If an ecologically hazardous accident happens to TransCanada's Keystone XL (KXL) tar sands pipeline, we can't say we weren't forewarned. That's the latest from a press release and YouTube video recently disseminated by the good government group, Public Citizen

Public Citizen's Texas office explained, “Dozens of anomalies, including dents and welds, reportedly have been identified along a 60-mile stretch of the southern segment of the Keystone XL pipeline, north of the Sabine River in Texas.”

A recent report appearing in The Houston Chronicle revealed KXL's southern half is over 75-percent complete and will be on-line by late-2013. That half of the pipeline brings tar sands - also known as diluted bitumen, or “dilbit” - from Cushing, OK (dubbed the “pipeline cross-roads of the world”) down to Port Arthur, TX, where it ends up exported to the global market.
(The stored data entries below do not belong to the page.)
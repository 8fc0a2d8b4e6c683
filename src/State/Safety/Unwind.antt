-- ===== src/State/Safety/Unwind.antt =====
-- What the function that `publishRestore` defers does with an error.
use agentops_open_course.Prelude.{◌≡◌, ◌≢◌, refl, inl, inr, List, [], Option, none, some, Text}
use agentops_open_course.State.Disk.{
  Files, Digest, prepared, rolling_back, committed, Event, Problem, Outcome, returned, raised,
  crashed, M, after, attempt, raise_if, fsync_dir, in_staging, in_quarantine, remove_all,
}
use agentops_open_course.State.Evidence.{first_problem}
use agentops_open_course.State.Restore.{
  discard_directories, unwind_journal, unwind_restore, rethrow, unwinding,
}
use agentops_open_course.State.Logic.{
  View, machine, Ends, ends_returned, ends_raised, ends_crashed, bind-Ends, step-Ends, mono-Ends,
  fsync-Ends, later-Ends,
}
use agentops_open_course.State.Logic.Removal.{remove_all-Ends}
use agentops_open_course.State.Logic.Temporaries.{attempt-Ends}
use agentops_open_course.State.Safety.Invariant.{
  Transaction, Generation, old_generation, new_generation, IsPrepared, IsRolling, Recoverable,
  is_clean, is_prepared, is_rolling, journal_at,
}
use agentops_open_course.State.Safety.Checks.{validate_rollback_evidence_lem}
use agentops_open_course.State.Safety.Phases.{set_restore_phase-Ends, in_phase}
use agentops_open_course.State.Safety.Recover.{IsPrepared-with}
use agentops_open_course.State.Safety.Rollback.{rollback_restore-Ends}

-- The old generation is live, and no journal has its name yet.
pub record IsUntouched (fs : Files) (v : View) : Type 0 where
  pub live : v.live ≡ fs
  pub journal : v.journal ≡ none

module _ {t : Text} {fs : Files} where
  -- The removals change neither the live files nor the journal.
  remove_staging-Ends :
      (v : View) (s : List Event)
      → IsUntouched fs v
      → Ends t (λ _. IsUntouched fs) (IsUntouched fs) s (remove_all (in_staging t) (machine t v) s)
  remove_staging-Ends v s u =
      remove_all-Ends (λ _. Unit {0}) (λ n c g k. tt) (in_staging t) refl v
        (λ g k. record { live = u.live; journal = u.journal }) s (λ g e. tt) tt (λ e. u)
        (record { live = u.live; journal = u.journal })

  remove_quarantine-Ends :
      (v : View) (s : List Event)
      → IsUntouched fs v
      → Ends t
          (λ _. IsUntouched fs)
          (IsUntouched fs)
          s
          (remove_all (in_quarantine t) (machine t v) s)
  remove_quarantine-Ends v s u =
      remove_all-Ends (λ _. Unit {0}) (λ n c g k. tt) (in_quarantine t) refl v
        (λ g k. record { live = u.live; journal = u.journal }) s (λ g e. tt) tt (λ e. u)
        (record { live = u.live; journal = u.journal })

  -- An attempt of what changes neither changes neither.
  attempt-IsUntouched :
      (p : M (Unit {0})) (v : View) (s : List Event)
      → Ends t (λ _. IsUntouched fs) (IsUntouched fs) s (p (machine t v) s)
      → Ends t (λ r w. IsUntouched fs w) (IsUntouched fs) s (attempt p (machine t v) s)
  attempt-IsUntouched p v s h =
      mono-Ends (λ r w k. elim k [ inl (e, u) ↦ u | inr (e, f, n, u) ↦ u ]) (λ w u. u)
        (attempt-Ends p (machine t v) h)

  raise_if-Ends :
      (r : Option Problem) (v : View) (s s' : List Event)
      → s ≢ []
      → IsUntouched fs v
      → Ends t (λ _. IsUntouched fs) (IsUntouched fs) s (raise_if r (machine t v) s')
  raise_if-Ends none v s s' n u = ends_returned tt v s' (λ i. absurd (n i)) u
  raise_if-Ends (some e) v s s' n u = ends_raised e v s' n u

  pub discard_directories-Ends :
      (v : View) (s0 s : List Event)
      → s0 ≢ []
      → IsUntouched fs v
      → Ends t (λ _. IsUntouched fs) (IsUntouched fs) s0 (discard_directories t (machine t v) s)
  unfolding discard_directories
  discard_directories-Ends v s0 s n u =
      bind-Ends _
        (later-Ends (λ i. absurd (n i))
          (attempt-IsUntouched (remove_all (in_staging t)) v s (remove_staging-Ends v s u)))
        λ a v1 s1 q1 u1.
          bind-Ends _
            (later-Ends (λ i. absurd (n i))
              (attempt-IsUntouched (remove_all (in_quarantine t)) v1 s1
                (remove_quarantine-Ends v1 s1 u1)))
            λ b v2 s2 q2 u2.
              bind-Ends _
                (later-Ends (λ i. absurd (n i))
                  (attempt-IsUntouched fsync_dir v2 s2 (fsync-Ends v2 s2 u2 u2)))
                λ c v3 s3 q3 u3. raise_if-Ends (first_problem a (first_problem b c)) v3 s0 s3 n u3

-- An outcome that is no error.
abbrev pub Quiet {ℓ} : {A : Type ℓ} → Outcome A → Type 0
Quiet (returned a m s) = Unit {0}
Quiet (raised e m s) = ⊥
Quiet (crashed m) = Unit {0}

module _ ⦃digest : Digest⦄ where
  -- The deferred function leads from `Inner` to what may be left.
  abbrev pub Unwinds : Text → (View → Type 0) → (View → Type 0) → Type 0
  Unwinds t Bad Inner =
      (v : View) (s s' : List Event)
      → s ≢ []
      → Inner v
      → Ends t (λ _. Bad) Bad s (unwind_restore t (machine t v) s')

module _ ⦃digest : Digest⦄ {t : Text} {Bad : View → Type 0} where
  -- The first error stays the error.
  rethrow-Ends :
      {A : Type 0} {Post : A → View → Type 0} {s : List Event} {o : Outcome (Unit {0})}
      (e : Problem)
      → s ≢ []
      → Ends t (λ _. Bad) Bad s o
      → Ends t Post Bad s (rethrow e o)
  unfolding rethrow
  rethrow-Ends e n (ends_returned a v s' q b) = ends_raised e v s' n b
  rethrow-Ends e n (ends_raised f v s' q b) = ends_raised e v s' n b
  rethrow-Ends e n (ends_crashed v q b) = ends_crashed v n b

  pub end-Ends :
      {Inner : View → Type 0} {Next : Unit {0} → View → Type 0} {s : List Event}
      {o : Outcome (Unit {0})}
      → ((v : View) → Inner v → Bad v)
      → Unwinds t Bad Inner
      → Ends t Next Inner s o
      → Ends t Next Bad s (unwinding t o)
  unfolding unwinding
  end-Ends g u (ends_returned a v s' q p) = ends_returned a v s' q p
  end-Ends {s = s} g u (ends_raised e v s' q p) = rethrow-Ends e q (u v s s' q p)
  end-Ends g u (ends_crashed v q p) = ends_crashed v q (g v p)

  module _ {A : Type 0} {Post : A → View → Type 0} {Next : Unit {0} → View → Type 0}
      {s : List Event} (f : A → M (Unit {0})) where
    -- An error of the first part is unwound at once.
    pub unwinding-Ends :
        {Inner : View → Type 0} {o : Outcome A}
        → ((v : View) → Inner v → Bad v)
        → Unwinds t Bad Inner
        → Ends t Post Inner s o
        → ((a : A) (v : View) (s' : List Event)
            → (s ≡ [] → s' ≡ [])
            → Post a v
            → Ends t Next Bad s (unwinding t (f a (machine t v) s')))
        → Ends t Next Bad s (unwinding t (after o f))
    unfolding unwinding
    unwinding-Ends g u (ends_returned a v s' q p) k = k a v s' q p
    unwinding-Ends g u (ends_raised e v s' q p) k = rethrow-Ends e q (u v s s' q p)
    unwinding-Ends g u (ends_crashed v q p) k = ends_crashed v q (g v p)

    pub Quiet-unwinding-Ends :
        {o : Outcome A}
        → Quiet o
        → Ends t Post Bad s o
        → ((a : A) (v : View) (s' : List Event)
            → (s ≡ [] → s' ≡ [])
            → Post a v
            → Ends t Next Bad s (unwinding t (f a (machine t v) s')))
        → Ends t Next Bad s (unwinding t (after o f))
    unfolding unwinding
    Quiet-unwinding-Ends c (ends_returned a v s' q p) k = k a v s' q p
    Quiet-unwinding-Ends c (ends_raised e v s' q p) k = absurd c
    Quiet-unwinding-Ends c (ends_crashed v q p) k = ends_crashed v q p

module _ ⦃digest : Digest⦄ (x : Transaction) where
  -- What an interrupted restore leaves: the old generation, with or without a journal yet, or a
  -- directory that recovery takes to a generation.
  pub data Interrupted : View → Type 0 where
    still_old : {v : View} → IsUntouched x.old_files v → Interrupted v
    recoverable : {g : Generation} {v : View} → Recoverable x g v → Interrupted v

  -- Before the journal has its name, and the restore is still without one.
  pub record IsStaging (v : View) : Type 0 where
    pub untouched : IsUntouched x.old_files v
    pub held : v.held ≡ none

  -- After: the restore holds the journal of the disk, or one that it has not yet written.
  pub data Publishing : View → Type 0 where
    owing : {v : View} → IsPrepared x v → v.held ≡ some (journal_at x prepared) → Publishing v
    committing : {v : View} → IsPrepared x v → v.held ≡ some (journal_at x committed) → Publishing v
    settled :
        {v : View}
        → Recoverable x new_generation v
        → v.held ≡ some (journal_at x committed)
        → Publishing v

  pub IsStaging-Interrupted : (v : View) → IsStaging v → Interrupted v
  IsStaging-Interrupted v i = still_old i.untouched

  pub Publishing-Interrupted : (v : View) → Publishing v → Interrupted v
  Publishing-Interrupted v (owing i h) = recoverable (is_prepared i)
  Publishing-Interrupted v (committing i h) = recoverable (is_prepared i)
  Publishing-Interrupted v (settled r h) = recoverable r

  pub IsStaging-Unwinds : Unwinds x.id Interrupted IsStaging
  unfolding unwind_restore
  IsStaging-Unwinds v s s' n i =
      rw (i.held, unwind_restore)
        (mono-Ends (λ a w u. still_old u) (λ w u. still_old u)
          (discard_directories-Ends v s s' n i.untouched))

  unwind_prepared-Ends :
      (v : View) (s : List Event)
      → IsPrepared x v
      → Ends x.id
          (λ _. Interrupted)
          Interrupted
          s
          (unwind_journal prepared (journal_at x prepared) (machine x.id v) s)
  unfolding unwind_journal
  unwind_prepared-Ends v s i =
      let j = journal_at x prepared in
      let w = in_phase v j rolling_back in
      let rolls : IsRolling x w = record { journal = refl; halfway = i.halfway } in
      step-Ends _
        (set_restore_phase-Ends j rolling_back v
          (λ f. recoverable (is_prepared (IsPrepared-with x v f v.held i)))
          (λ f.
            recoverable (is_prepared (IsPrepared-with x v f (some (journal_at x rolling_back)) i)))
          (recoverable (is_rolling rolls)) s)
        λ s1. rw (validate_rollback_evidence_lem x w prepared i.halfway) (
          mono-Ends (λ a y c. recoverable (is_clean {g = old_generation} c)) (λ y r. recoverable r)
            (rollback_restore-Ends x prepared w s1 rolls))

  pub Publishing-Unwinds : Unwinds x.id Interrupted Publishing
  unfolding unwind_restore unwind_journal
  Publishing-Unwinds v s s' n (owing i h) =
      rw (h, unwind_restore) (later-Ends (λ e. absurd (n e)) (unwind_prepared-Ends v s' i))
  Publishing-Unwinds v s s' n (committing i h) =
      rw (h, unwind_restore)
        (ends_returned tt v s' (λ e. absurd (n e)) (recoverable (is_prepared i)))
  Publishing-Unwinds v s s' n (settled r h) =
      rw (h, unwind_restore) (ends_returned tt v s' (λ e. absurd (n e)) (recoverable r))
KXL's northern half is still in its proposal phase. Its eventual fate sits entirely in the hands of President Barack Obama and his U.S. State Department because it's a border-crossing pipeline. In March 2012, President Obama issued an Executive Order for expediting building of KXL's southern half.

Earlier this year, Tar Sands Blockade - a group committed to creative non-violent direct action to stop the building of KXL's southern half - also detected defective welding in the pipeline, akin go that discovered by Public Citizen. The group did so when one of its activists went inside of the pipeline and discovered light seeping through it.